Writen by Bryce Whitty
As a computer technician, my clients frequently ask me “Why do people create computer viruses?”, especially after I have been called out to remove a virus from their computer. This is what I tell them.
There are hundreds of thousands of viruses out there (if not millions) and they often designed for different objectives. Most of them fall under the following categories:
- To take control of a computer and use it for specific tasks
- To generate money
- To steal sensitive information (credit card numbers, passwords, personal details, data etc.)
- To prove a point, to prove it can be done, to prove ones skill or for revenge purposes
- To cripple a computer or network
To Take Control of a Computer and Use It for Specific Tasks
This is the most common type of virus, which is better classified as a trojan. These types of viruses are usually downloaded unknowingly by the computer user thinking that the file is something else, such as a file sent from a instant messenger friend or email attachment.
Once the host computer has been infected (known as a zombie computer), the trojan joins a private chat channel and awaits orders from its “Zombie Master”. This Zombie Master who is often the virus creator, will gather thousands of infected machines called a botnet and use them to mount attacks on web servers. The Zombie Master can command each of these infected computers will send a tiny bit of information to a web server – because there are potentially thousands of computers doing this at once, it often overloads the server.
The Zombie Master may want to do this to another website because it is a rival website, a figurehead website (such as whitehouse.gov) or it may be part of an extortion plan. “Send me $5000 or your Toy selling website will be offline over the Christmas holidays”.
The Zombie Master can also use these infected computers to send spam while the zombie master remains anonymous and the blame goes to the infected computers.
To Generate Money
These types of infections often masquerade as free spyware or virus removal tools (known as rogueware). Once ran, these fake applications will “scan” your computer and say it found has someviruses (even if there arent any) and in order to remove them, you must pay for the full version of the application. A good example of such a infection is called Myzor.fk whichwe have written about in the past.
Steal sensitive information
These types of viruses can sniff the traffic going in or out of a computer for interesting information such as passwords or credit card numbers and send it back to the virus creator. These types of viruses often use keylogging as a method of stealing information where it maintains a record of everything that is typed into the computer such as emails, passwords, home banking data, instant messenger chats etc..

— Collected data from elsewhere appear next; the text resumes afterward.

-- ===== src/Sorting/Plugins/TieBreak.antt =====
-- src/sorting/plugins.rs: the edges that leave only one order to sort the plugins in.
pub mod Chain
pub mod Scan
pub mod Tied
pub mod Put
pub mod Pin
pub mod Push
pub mod Keep
pub mod Change
pub mod Step
pub mod Total
use libloot.Prelude.{
  ℕ, suc, ◌+◌, Bool, true, false, List, [], ◌∷◌, ◌++◌, Option, none, some, NodeSet, empty_set,
  insert, get_elem?, drop, insert_index, windows, last?, init, length, range, leb, ◌==◌,
  if◌then◌else◌,
}
use mathlib.Core.List.{reverse}
use libloot.Prelude.Sort.{stable_sort}
use libloot.Prelude.Result.{Result, ok, err, ◌>>=◌}
use libloot.External.Petgraph.{Petgraph}
use libloot.Sorting.Vertex.{EdgeType}
use libloot.Sorting.Error.{PathfindingError}
use libloot.Sorting.Plugins.Data.{SortingPlugin, PluginSortingData}
use libloot.Sorting.Plugins.Graph.{PluginsGraph, add_edge, path_exists, find_path}

-- Whether the node that `first` or `last` gives is this one.
abbrev pub is_node : Option ℕ → ℕ → Bool
is_node none n = false
is_node (some m) n = m == n

module _ {E T : Type 0} (trait : SortingPlugin E T) (P : Petgraph (PluginSortingData T)) where
  abbrev Graph : Type 0
  Graph = PluginsGraph trait P

  -- The graph and the two local variables that the loop changes.
  pub record TieState : Type 0 where
    pub graph : Graph
    pub new_load_order : List ℕ
    pub processed_nodes : NodeSet

  -- `rposition` from the right end, on the nodes in reverse: the position of the last node that
  -- `node_index` has no path to.
  unfoldable pub last_unreached : ℕ → List ℕ → Graph → Option ℕ × Graph
  unfolding path_exists
  last_unreached node_index [] graph = (none, graph)
  last_unreached node_index (ni ∷ before) graph =
      let (found, graph') = path_exists trait P node_index ni graph in
      elim found [
        | true ↦ last_unreached node_index before graph'
        | false ↦ (some (length before), graph')
      ]

  abbrev pub add_edge_from : Option ℕ → ℕ → Graph → Graph
  add_edge_from none to graph = graph
  add_edge_from (some from) to graph = add_edge trait P from to EdgeType.tie_break graph

  abbrev pub add_edge_to : ℕ → Option ℕ → Graph → Graph
  add_edge_to from none graph = graph
  add_edge_to from (some to) graph = add_edge trait P from to EdgeType.tie_break graph

  -- The node at the position that was found, and the position behind it.
  abbrev pub preceding : ℕ → Option ℕ → List ℕ → Option ℕ
  preceding range_start none order = none
  preceding range_start (some p) order = get_elem? order (range_start + p)

  abbrev pub insert_position : ℕ → Option ℕ → ℕ
  insert_position range_start none = range_start
  insert_position range_start (some p) = suc (range_start + p)

  unfoldable pub pin_node_position : ℕ → ℕ → TieState → ℕ × TieState
  unfolding last_unreached add_edge
  pin_node_position node_index range_start s =
      if s.processed_nodes node_index
      then (range_start, s)
      else let order = s.new_load_order in
        let (previous, g₀) = last_unreached node_index (reverse (drop range_start order)) s.graph in
        let g₁ = add_edge_from (preceding range_start previous order) node_index g₀ in
        let position = insert_position range_start previous in
        let g₂ = add_edge_to node_index (get_elem? order position) g₁ in
        (
          suc position,
          record {
            graph = g₂;
            new_load_order = insert_index position node_index order;
            processed_nodes = insert node_index s.processed_nodes;
          },
        )

  -- The loop that pins the nodes of a path one behind the other.
  unfoldable pub pin_nodes : List ℕ → ℕ → TieState → TieState
  unfolding pin_node_position
  pin_nodes [] range_start s = s
  pin_nodes (node ∷ nodes) range_start s =
      let (range_start', s') = pin_node_position node range_start s in
      pin_nodes nodes range_start' s'

  -- A node that has not been processed goes to the end of the new load order.
  unfoldable pub push_unprocessed : ℕ → TieState → TieState
  push_unprocessed current s = if s.processed_nodes current then s else record s {
    new_load_order = s.new_load_order ++ current ∷ [];
    processed_nodes = insert current s.processed_nodes;
  }

  -- The loop that takes a path as the start of the load order.
  unfoldable pub push_path : List ℕ → TieState → TieState
  push_path [] s = s
  push_path (node ∷ nodes) s = push_path nodes (record s {
    new_load_order = s.new_load_order ++ node ∷ [];
    processed_nodes = insert node s.processed_nodes;
  })

  -- The branch for a pair of nodes with no path from the second to the first.
  unfoldable pub keep_order : ℕ → ℕ → TieState → TieState
  keep_order current next s =
      let s' = record s { graph = add_edge trait P current next EdgeType.tie_break s.graph } in
      if s.processed_nodes current
      then if is_node (last? s.new_load_order) current then s' else (pin_node_position next 0 s').1
      else push_unprocessed current s'

  -- The branch for a pair with a path from the second to the first.
  unfoldable pub change_order : Option ℕ → ℕ → List ℕ → TieState → TieState
  change_order first current path s =
      if is_node first current
      then push_path path s
      else push_unprocessed current (pin_nodes (init path) 0 s)

  -- The body of the loop, where `first` is the first node of the load order.
  unfoldable pub break_tie : Option ℕ → ℕ → ℕ → TieState → Result PathfindingError TieState
  break_tie first current next s =
      let (found, graph') = find_path trait P next current s.graph in
      let s' = record s { graph = graph' } in
      found >>= λ answer. elim answer [
        | none ↦ ok (keep_order current next s')
        | some path ↦ ok (change_order first current path s')
      ]

  unfoldable pub break_ties : Option ℕ → List (ℕ × ℕ) → TieState → Result PathfindingError TieState
  unfolding break_tie
  break_ties first [] s = ok s
  break_ties first ((current, next) ∷ rest) s =
      break_tie first current next s >>= break_ties first rest

  -- The nodes in their present load order.
  unfoldable pub nodes_by_load_order : Graph → List ℕ
  unfolding stable_sort
  nodes_by_load_order graph =
      stable_sort
        (λ a b.
          leb (P.index graph.inner a).load_order_index (P.index graph.inner b).load_order_index)
        (range (P.node_count graph.inner))

  -- The graph with the edges, and the new load order that the function keeps until it returns.
  unfoldable pub add_tie_break_edges : Graph → Result PathfindingError TieState
  unfolding nodes_by_load_order break_ties
  add_tie_break_edges graph =
      let nodes = nodes_by_load_order graph in
      break_ties (get_elem? nodes 0) (windows nodes)
        (record { graph = graph; new_load_order = []; processed_nodes = empty_set })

The above mentioned methods also allows an attacker to gather an incredible amount of data about a person which can be used for identity theft purposes.
To Prove a Point, To Prove it Can Be Done, To Prove Ones Skill or For Revenge Purposes
A perfect example of this type of virus was the famous MS.Blaster virus (aka Lovesan) which infected hundreds of thousands of computers back in August 2003.
This virus would cause the system to restart after 60 seconds and had two hidden messages written in its code:
One was “I just want to say LOVE YOU SAN!!” which is why the virus is sometimes called Lovesan, and the other message was “billy gates why do you make this possible ? Stop making money and fix your software!!”
It is believed that purpose of this virus was to prove how easily exploitable a Windows system is.
To Cripple a Computer or Network
Few viruses now days are intended to disable a computer because it stops viruses ability to spread to other computers. Computer crippling viruses still exist, but nowhere near as common as the viruses mentioned above. The worst type of computer crippling viruses were back in the days of the 486 computers where the virus would overwrite the Master Boot Record (MBR) of the computer which would often prevent the computer from starting up at all.
Unlike computer crippling viruses, network crippling viruses are all too common now days. Most viruses that are designed to launch a Denial of Service attack will cause a significant load on a computer network, often bringing it down completely.